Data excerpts
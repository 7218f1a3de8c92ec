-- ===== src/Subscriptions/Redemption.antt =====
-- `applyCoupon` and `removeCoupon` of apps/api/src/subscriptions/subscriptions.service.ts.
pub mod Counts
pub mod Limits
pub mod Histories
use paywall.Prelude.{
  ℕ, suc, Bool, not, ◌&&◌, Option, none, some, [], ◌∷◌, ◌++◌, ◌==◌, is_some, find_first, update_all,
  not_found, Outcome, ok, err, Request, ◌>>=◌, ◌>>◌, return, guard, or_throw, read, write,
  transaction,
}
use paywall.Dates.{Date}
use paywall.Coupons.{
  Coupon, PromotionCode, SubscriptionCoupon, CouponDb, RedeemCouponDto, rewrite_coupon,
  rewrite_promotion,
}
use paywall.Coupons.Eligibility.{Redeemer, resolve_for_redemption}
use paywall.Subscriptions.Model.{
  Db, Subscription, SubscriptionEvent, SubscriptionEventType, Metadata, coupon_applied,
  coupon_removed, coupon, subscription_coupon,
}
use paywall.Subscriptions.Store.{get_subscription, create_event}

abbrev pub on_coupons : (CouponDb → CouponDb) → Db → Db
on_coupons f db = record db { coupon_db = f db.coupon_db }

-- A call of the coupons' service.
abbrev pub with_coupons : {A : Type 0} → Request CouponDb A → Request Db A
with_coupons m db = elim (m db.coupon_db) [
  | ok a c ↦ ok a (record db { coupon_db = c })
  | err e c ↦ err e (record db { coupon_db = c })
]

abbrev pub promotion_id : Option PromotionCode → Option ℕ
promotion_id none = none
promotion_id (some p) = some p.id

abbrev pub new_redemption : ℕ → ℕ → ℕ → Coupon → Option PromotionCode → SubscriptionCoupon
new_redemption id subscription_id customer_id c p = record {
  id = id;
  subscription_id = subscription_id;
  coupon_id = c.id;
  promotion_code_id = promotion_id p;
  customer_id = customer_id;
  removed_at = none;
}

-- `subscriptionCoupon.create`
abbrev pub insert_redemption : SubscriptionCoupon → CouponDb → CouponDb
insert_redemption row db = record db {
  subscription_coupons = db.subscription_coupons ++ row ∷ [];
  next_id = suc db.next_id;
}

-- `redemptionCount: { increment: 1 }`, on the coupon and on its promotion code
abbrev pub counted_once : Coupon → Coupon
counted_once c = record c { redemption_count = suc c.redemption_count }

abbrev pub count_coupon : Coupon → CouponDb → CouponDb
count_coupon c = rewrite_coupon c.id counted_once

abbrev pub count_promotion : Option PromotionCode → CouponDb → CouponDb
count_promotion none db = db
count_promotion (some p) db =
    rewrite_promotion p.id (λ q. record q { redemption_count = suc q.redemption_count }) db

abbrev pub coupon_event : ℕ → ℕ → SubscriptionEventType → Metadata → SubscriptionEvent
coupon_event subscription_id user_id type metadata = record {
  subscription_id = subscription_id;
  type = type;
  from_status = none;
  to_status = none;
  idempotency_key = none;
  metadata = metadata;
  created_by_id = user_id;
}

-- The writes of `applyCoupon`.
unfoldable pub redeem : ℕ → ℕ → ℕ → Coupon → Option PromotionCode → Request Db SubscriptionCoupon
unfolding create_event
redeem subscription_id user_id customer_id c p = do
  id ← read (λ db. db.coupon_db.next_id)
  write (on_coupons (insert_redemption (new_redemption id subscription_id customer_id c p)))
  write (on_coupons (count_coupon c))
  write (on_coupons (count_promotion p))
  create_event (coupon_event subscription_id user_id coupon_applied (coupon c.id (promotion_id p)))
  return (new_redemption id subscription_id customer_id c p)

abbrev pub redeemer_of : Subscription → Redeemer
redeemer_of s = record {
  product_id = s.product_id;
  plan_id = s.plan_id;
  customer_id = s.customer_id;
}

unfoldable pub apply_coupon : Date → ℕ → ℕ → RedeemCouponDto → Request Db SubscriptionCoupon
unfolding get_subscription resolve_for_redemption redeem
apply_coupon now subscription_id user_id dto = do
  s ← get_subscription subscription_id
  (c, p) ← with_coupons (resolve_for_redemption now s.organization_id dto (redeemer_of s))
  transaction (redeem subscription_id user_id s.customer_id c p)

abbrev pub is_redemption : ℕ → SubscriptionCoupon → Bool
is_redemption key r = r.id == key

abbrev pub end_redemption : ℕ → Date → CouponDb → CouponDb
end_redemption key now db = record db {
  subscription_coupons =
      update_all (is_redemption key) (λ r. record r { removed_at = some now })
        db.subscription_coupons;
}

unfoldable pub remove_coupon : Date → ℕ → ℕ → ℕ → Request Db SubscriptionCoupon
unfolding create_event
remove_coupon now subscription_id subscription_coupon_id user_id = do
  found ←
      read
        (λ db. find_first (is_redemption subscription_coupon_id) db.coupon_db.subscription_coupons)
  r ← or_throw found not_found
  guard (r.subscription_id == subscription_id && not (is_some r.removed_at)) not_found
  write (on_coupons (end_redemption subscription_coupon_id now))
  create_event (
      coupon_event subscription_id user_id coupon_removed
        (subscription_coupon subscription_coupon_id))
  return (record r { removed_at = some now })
--
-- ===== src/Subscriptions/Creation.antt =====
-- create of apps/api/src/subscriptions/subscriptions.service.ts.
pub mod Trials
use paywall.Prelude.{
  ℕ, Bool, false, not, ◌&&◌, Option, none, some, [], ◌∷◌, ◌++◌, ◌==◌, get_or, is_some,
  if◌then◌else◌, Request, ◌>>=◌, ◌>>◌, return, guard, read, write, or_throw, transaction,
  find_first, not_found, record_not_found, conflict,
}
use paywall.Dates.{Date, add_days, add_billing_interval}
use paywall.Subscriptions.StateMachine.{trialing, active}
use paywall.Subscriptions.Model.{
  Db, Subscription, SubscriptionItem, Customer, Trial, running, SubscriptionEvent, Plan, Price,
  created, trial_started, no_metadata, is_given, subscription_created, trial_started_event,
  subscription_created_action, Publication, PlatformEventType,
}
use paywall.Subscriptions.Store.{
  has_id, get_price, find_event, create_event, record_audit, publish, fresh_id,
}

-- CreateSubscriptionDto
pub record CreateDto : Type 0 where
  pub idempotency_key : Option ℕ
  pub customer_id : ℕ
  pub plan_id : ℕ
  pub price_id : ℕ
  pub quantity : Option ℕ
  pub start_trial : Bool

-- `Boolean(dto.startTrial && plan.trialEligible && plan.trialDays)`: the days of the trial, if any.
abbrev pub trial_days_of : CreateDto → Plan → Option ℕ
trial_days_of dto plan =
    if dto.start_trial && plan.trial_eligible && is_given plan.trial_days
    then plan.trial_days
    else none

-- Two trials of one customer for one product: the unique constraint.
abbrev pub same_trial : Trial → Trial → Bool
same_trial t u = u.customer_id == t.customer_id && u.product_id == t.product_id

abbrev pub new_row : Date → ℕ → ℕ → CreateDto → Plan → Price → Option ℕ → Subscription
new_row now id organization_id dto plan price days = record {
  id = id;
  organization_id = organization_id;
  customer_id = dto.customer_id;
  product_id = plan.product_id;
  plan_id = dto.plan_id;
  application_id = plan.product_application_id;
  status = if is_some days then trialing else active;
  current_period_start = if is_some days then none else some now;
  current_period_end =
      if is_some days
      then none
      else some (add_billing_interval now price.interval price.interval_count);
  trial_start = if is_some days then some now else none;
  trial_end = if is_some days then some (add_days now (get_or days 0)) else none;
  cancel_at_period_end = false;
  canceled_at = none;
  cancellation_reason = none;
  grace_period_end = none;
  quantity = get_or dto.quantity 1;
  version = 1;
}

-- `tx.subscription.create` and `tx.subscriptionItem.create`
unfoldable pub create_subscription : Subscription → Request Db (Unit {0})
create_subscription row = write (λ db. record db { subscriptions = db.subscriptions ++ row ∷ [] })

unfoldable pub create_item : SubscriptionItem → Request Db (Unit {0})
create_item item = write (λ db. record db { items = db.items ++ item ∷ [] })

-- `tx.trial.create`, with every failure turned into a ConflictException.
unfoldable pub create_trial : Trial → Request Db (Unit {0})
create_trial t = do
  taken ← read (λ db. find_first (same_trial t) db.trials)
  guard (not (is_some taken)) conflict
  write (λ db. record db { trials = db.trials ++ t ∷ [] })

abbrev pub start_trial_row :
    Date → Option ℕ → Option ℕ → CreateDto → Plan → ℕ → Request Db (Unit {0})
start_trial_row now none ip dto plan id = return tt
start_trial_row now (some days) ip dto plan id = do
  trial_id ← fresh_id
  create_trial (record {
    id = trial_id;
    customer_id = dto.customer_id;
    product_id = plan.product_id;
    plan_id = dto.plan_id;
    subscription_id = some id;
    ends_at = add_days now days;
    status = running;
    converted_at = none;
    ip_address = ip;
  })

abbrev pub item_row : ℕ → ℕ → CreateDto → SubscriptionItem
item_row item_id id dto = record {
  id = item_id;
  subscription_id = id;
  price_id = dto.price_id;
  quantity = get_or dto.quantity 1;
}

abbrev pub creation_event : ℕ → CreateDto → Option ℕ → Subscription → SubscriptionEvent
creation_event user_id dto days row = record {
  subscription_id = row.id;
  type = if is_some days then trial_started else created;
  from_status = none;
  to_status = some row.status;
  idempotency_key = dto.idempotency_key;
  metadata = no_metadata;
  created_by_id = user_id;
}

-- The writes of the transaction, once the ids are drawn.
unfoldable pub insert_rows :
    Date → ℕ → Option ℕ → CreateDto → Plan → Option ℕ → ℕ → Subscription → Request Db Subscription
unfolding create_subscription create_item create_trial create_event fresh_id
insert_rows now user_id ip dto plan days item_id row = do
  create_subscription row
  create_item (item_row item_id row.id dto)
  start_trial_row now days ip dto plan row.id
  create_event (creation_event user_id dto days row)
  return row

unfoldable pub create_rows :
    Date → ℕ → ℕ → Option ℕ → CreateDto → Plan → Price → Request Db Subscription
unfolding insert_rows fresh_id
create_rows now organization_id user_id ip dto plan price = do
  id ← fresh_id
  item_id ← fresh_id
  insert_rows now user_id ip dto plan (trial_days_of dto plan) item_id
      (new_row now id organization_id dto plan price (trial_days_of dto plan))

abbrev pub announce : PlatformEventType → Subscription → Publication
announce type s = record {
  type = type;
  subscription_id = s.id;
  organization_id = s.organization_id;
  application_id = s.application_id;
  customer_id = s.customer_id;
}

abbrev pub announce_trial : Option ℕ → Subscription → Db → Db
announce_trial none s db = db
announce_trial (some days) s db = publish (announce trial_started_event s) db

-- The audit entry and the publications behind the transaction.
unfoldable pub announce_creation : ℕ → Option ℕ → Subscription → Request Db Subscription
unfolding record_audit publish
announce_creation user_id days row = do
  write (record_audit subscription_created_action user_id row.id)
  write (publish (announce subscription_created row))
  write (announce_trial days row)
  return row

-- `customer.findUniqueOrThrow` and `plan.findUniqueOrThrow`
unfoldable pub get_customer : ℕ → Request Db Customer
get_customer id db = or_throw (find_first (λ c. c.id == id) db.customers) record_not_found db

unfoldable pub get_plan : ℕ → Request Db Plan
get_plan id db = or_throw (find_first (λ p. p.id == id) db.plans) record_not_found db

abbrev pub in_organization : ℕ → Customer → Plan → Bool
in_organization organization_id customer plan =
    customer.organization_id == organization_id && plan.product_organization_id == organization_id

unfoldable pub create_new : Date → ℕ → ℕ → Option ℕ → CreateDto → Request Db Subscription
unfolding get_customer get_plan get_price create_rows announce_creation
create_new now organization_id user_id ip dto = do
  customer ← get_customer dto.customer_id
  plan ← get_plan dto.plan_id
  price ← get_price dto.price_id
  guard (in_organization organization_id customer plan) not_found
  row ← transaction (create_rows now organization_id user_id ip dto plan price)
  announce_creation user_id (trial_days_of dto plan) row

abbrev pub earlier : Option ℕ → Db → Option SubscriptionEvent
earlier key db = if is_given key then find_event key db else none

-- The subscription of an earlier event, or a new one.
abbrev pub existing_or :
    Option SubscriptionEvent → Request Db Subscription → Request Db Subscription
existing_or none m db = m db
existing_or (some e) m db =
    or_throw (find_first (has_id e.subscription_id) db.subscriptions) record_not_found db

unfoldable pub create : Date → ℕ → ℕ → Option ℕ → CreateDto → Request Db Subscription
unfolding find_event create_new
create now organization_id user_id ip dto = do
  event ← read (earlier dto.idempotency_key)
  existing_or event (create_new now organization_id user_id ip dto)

## EXERCISE INSTRUCTIONS
Each line above where the word "taken" occurs should be returned in full.

## RESULT OF THIS EXERCISE
  taken ← read (λ db. find_first (same_trial t) db.trials)
  guard (not (is_some taken)) conflict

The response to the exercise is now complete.